Problem requirements: One number alone answers this: the count of lines below in which the word "that" is found.
== Information
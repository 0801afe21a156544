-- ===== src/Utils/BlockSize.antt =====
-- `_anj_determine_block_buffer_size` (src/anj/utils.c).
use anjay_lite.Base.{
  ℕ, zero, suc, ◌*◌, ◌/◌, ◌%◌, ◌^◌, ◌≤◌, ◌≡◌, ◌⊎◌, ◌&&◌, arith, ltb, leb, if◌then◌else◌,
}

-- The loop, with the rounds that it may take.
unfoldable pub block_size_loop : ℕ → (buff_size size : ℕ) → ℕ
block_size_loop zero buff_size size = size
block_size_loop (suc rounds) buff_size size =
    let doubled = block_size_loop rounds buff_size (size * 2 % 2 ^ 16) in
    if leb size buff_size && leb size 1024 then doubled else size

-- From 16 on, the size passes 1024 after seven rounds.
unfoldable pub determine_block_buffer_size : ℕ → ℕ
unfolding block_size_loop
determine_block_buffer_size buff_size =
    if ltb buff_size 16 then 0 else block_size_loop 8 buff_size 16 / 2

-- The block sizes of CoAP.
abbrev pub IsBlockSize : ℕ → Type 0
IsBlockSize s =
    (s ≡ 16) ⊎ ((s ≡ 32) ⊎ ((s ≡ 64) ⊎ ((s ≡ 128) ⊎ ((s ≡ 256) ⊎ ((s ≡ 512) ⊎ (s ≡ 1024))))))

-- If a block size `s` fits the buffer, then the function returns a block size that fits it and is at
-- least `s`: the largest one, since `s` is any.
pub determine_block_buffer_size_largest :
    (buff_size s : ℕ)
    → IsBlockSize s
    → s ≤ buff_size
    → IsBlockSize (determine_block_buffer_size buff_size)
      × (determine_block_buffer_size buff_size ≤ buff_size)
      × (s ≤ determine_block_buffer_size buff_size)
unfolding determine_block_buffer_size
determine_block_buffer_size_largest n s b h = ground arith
====
Exercise solution: 2